Force and Form on the Tree

treedog

This idea of Force and Form is something in which I can readily find relavance in the world. That being said, I feel like I'm peering through windows which open out onto a landscape so vast as to be misty.

As I investigate I think more and more about how one thing (emmanation, property, influence?) begets another; how each thing contains the seed of its opposite; how depending upon its function a thing may be either masculine or feminine.

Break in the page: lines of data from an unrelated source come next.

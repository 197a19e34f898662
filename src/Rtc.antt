-- ===== src/Rtc.antt =====
-- The pure parts of rust/crates/browser-platform/src/rtc.
pub mod Checkpoint
pub mod BinaryId
pub mod Wire
pub mod Finalization
pub mod Manifest
pub mod Plans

Wang says that Chessed is Form; Gray says that Chessed is Force. How do you guys understand this?
 

bradford

Chesed involves the taking of form, a first manifestation, but not Platonic form.
Gevurah hath more of the force.
 

ravenest

Agreed; Geburah 'hath' more force (but not in itself) Chesed has the form (after the form is 'formed' :) by /in the sphere of Binah and passes through the Abyss into the first form of Chesed). 'Space' ... or the concept of space (as defined by 'Binah's triangle' ; i.e. up/down, left/right, forward backwards) is cemented into Chesed and a 'fourth dimension' is formed; time, or more correctly; the 4th Sphere - the 'possibility of time'.

Hence it is said that Chesed equates to form and Geburah relates to the motion of the form ... and when form is in motion we get the concept of time (concept; as time doesn't 'exist of itself', when a thing is in motion - like us, time doesn't pass, we pass through time and it appears time is 'passing').

So we have time, form, substance, movement. When a thing ( substance or mass) moves it has momentum and that gives force.

I have said it elsewhere here more than once; at times Wang (IMO) is wrong ... or divergent ... or lets say just different (at other times he is quotably down right wrong! - see posts on GD astrology, Thoth attributions, etc in G D threads.)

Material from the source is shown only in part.